The reason the pressure is not the same in the third part of the venturi tube as in the first is because the air is flowing slower there. This is due to viscosity. The viscosity is a property of the fluid and can greatly affect the rate of flow. If you take viscosity to an extreme it can be the basis for the world's longest running laboratory experiment.

Viscosity can be defined from looking at a fluid trapped between two plates in which one plate moves with velocity $v$ with respect to the other. The fluid in contact with each plate must have the same velocity as the plate it is in contact with and the fluid in between is subject to a velocity gradient. The viscosity $\eta$ $(\mathrm{N\,s\,m^{-2}})$ is defined in terms of the force require to maintain that velocity gradient (which is required to move the plate).

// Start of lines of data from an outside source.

-- ===== src/Resources/Counter.antt =====
-- resources/counter.py.
use Prim.Native.String.{String}
use teensy_io.Base.{
  ℕ, suc, ◌+◌, ◌-◌, ◌*◌, ◌++◌, ltb, leb, if◌then◌else◌, Option, List, [], ◌∷◌, true, ◌≡◌, refl,
  arith,
}
use teensy_io.Base.Int.{ℤ, pos, negsuc, ◌-ℤ◌}
use teensy_io.Protocol.Commands.{CommandId}
use teensy_io.Protocol.Errors.{Result, ok}
use teensy_io.Protocol.Exec.{Exec, pure, gets, lift, modify, ◌>>=◌, ◌>>◌}
use teensy_io.Base.{some}
use teensy_io.Client.Inbox.{unpack_i32, unpack_u32}
use teensy_io.Resources.{Io, Held, Ratio, on_io, lookup, bytes_of, required}
use teensy_io.Resources.Deltas.{sum_from, repeat, differences_lem}

-- The samples are those of `frequency`: a time in microseconds and a count, the oldest first.
pub record PulseCounter : Type 0 where
  pub name : String
  pub id : Option ℕ
  pub last_count : ℤ
  pub samples : List (ℕ × ℤ)

abbrev pub edge_codes : List (String × ℕ)
edge_codes = ("rising", 0) ∷ ("falling", 1) ∷ ("both", 2) ∷ []

-- `pin: str | int`
pub data PinRef : Type 0 where
  named : String → PinRef
  numbered : ℤ → PinRef

-- `while len(self._samples) > 2 and self._samples[0][0] < cutoff: self._samples.popleft()`, with the
-- cutoff `window` before `now`
unfoldable pub drop_samples : ℕ → ℕ → List (ℕ × ℤ) → List (ℕ × ℤ)
drop_samples window now (first ∷ second ∷ third ∷ rest) =
    let later = drop_samples window now (second ∷ third ∷ rest) in
    if ltb (first.0 + window) now then later else first ∷ second ∷ third ∷ rest
drop_samples window now samples = samples

-- The end of `frequency`: counts in a second, from counts and microseconds.
unfoldable pub rate : ℕ → ℤ → List (ℕ × ℤ) → Ratio
unfolding ◌-ℤ◌
rate now count ((start_time, start_count) ∷ second ∷ rest) =
    if leb now start_time
    then record { numerator = pos 0; denominator = 1 }
    else record { numerator = times_million (count -ℤ start_count); denominator = now - start_time }
  where
    times_million : ℤ → ℤ
    times_million (pos n) = pos (1000000 * n)
    times_million (negsuc n) = negsuc (1000000 * suc n - 1)
rate now count samples = record { numerator = pos 0; denominator = 1 }

module _ {S : Type 0} (io : Io S) where
  -- `_resolve_pin`
  unfoldable pub resolve_pin : PinRef → Exec (Held PulseCounter S) ℤ
  resolve_pin (PinRef.numbered pin) = pure pin
  resolve_pin (PinRef.named pin) = do number ← on_io (io.pin_number pin); lift (required number)

  -- `edge` is the key for the display of codes, or what the search for it raises.
  unfoldable pub attach : PinRef → Result String → Exec (Held PulseCounter S) (Unit {0})
  unfolding resolve_pin
  attach pin edge = do
    physical_pin ← resolve_pin pin
    name ← gets (λ h. h.self.name)
    id ← on_io (io.counter_id name)
    modify (λ h. record h { self = record h.self { id = some id } })
    key ← lift edge
    edge_code ← lift (lookup key edge_codes)
    payload ← lift (bytes_of (pos id ∷ physical_pin ∷ pos edge_code ∷ []))
    on_io (io.command CommandId.config_counter payload true)
    pure tt

  unfoldable pub read : Exec (Held PulseCounter S) ℤ
  read = do
    checked ← gets (λ h. required h.self.id)
    id ← lift checked
    payload ← lift (bytes_of (pos id ∷ []))
    response ← on_io (io.command CommandId.counter_read payload true)
    lift (unpack_i32 response)

  unfoldable pub delta : Exec (Held PulseCounter S) ℤ
  unfolding read
  delta = do
    count ← read
    change ← gets (λ h. count -ℤ h.self.last_count)
    modify (λ h. record h { self = record h.self { last_count = count } })
    pure change

  unfoldable pub reset : Exec (Held PulseCounter S) (Unit {0})
  reset = do
    checked ← gets (λ h. required h.self.id)
    id ← lift checked
    payload ← lift (bytes_of (pos id ∷ []))
    on_io (io.command CommandId.counter_reset payload true)
    modify (λ h. record h { self = record h.self { last_count = pos 0; samples = [] } })

  unfoldable pub frequency : ℤ → Exec (Held PulseCounter S) Ratio
  unfolding read unpack_u32 drop_samples rate
  frequency (pos (suc window_ms)) = do
    checked ← gets (λ h. required h.self.id)
    lift checked
    now ← gets (λ h. io.now h.io)
    count ← read
    modify
        (λ h. record h { self = record h.self { samples = h.self.samples ++ (now, count) ∷ [] } })
    modify (λ h. record h {
      self = record h.self { samples = drop_samples (1000 * suc window_ms) now h.self.samples };
    })
    gets (λ h. rate now count h.self.samples)
  frequency _ = do
    checked ← gets (λ h. required h.self.id)
    id ← lift checked
    payload ← lift (bytes_of (pos id ∷ []))
    response ← on_io (io.command CommandId.counter_frequency payload true)
    milli_hz ← lift (unpack_u32 response)
    pure (record { numerator = pos milli_hz; denominator = 1000 })

  -- Reading leaves the counter as it was.
  read-self : (h : Held PulseCounter S) → (read h).1.self ≡ h.self
  unfolding read
  read-self h = ground arith

  -- While nothing else is done to the counter, the results of `delta` add up to the change of the
  -- count, from the one that was read last before the first call to the one that the last call read.
  pub counter_deltas-sum :
      (n : ℕ) (h : Held PulseCounter S) (ds : List ℤ)
      → (repeat n delta h).0 ≡ ok ds
      → (repeat n delta h).1.self.last_count ≡ sum_from h.self.last_count ds
  unfolding delta
  counter_deltas-sum =
      differences_lem read (λ c. c.last_count) (λ c z. record c { last_count = z }) (λ c z. refl)
        read-self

In the following equation $A$ is the area of the plate.

$F=\eta A\frac{v}{l}$

In a cylindrical tube of radius $R$ and length $l$ the **volume** rate of flow $Q$ $(\mathrm{m^{3}s^{-1}})$ is related to the change in pressure from the beginning of the tube $P_{1}$ to the end of the tube $P_{2}$ by Poiseulle's equation

$Q=\frac{\pi R^{4}(P_{1}-P_{2})}{8\eta l}$

Surface tension, $\gamma$, is due to attractive forces between the molecules in a liquid, and is the force $F$ per unit length $l$

$\gamma=\frac{F}{l}$

At at an interface between a liquid and another medium the liquid forms a contact angle which is determined by the balance of forces, including surface tension. Surface tension in thin tubes leads to capillarity where the movement up or down the walls of the tube is due the balance of surface tension with gravitational and viscous forces.

If you eliminate viscosity, as occurs in a superfluid, you can see some very interesting effects.

The aerodynamic role of the dimples on a golf ball is an interesting case.

Armed with Bernoulli's equation we can come to an understanding of why the dimples, which convert the laminar flow to a turbulent one actually make the ball go further!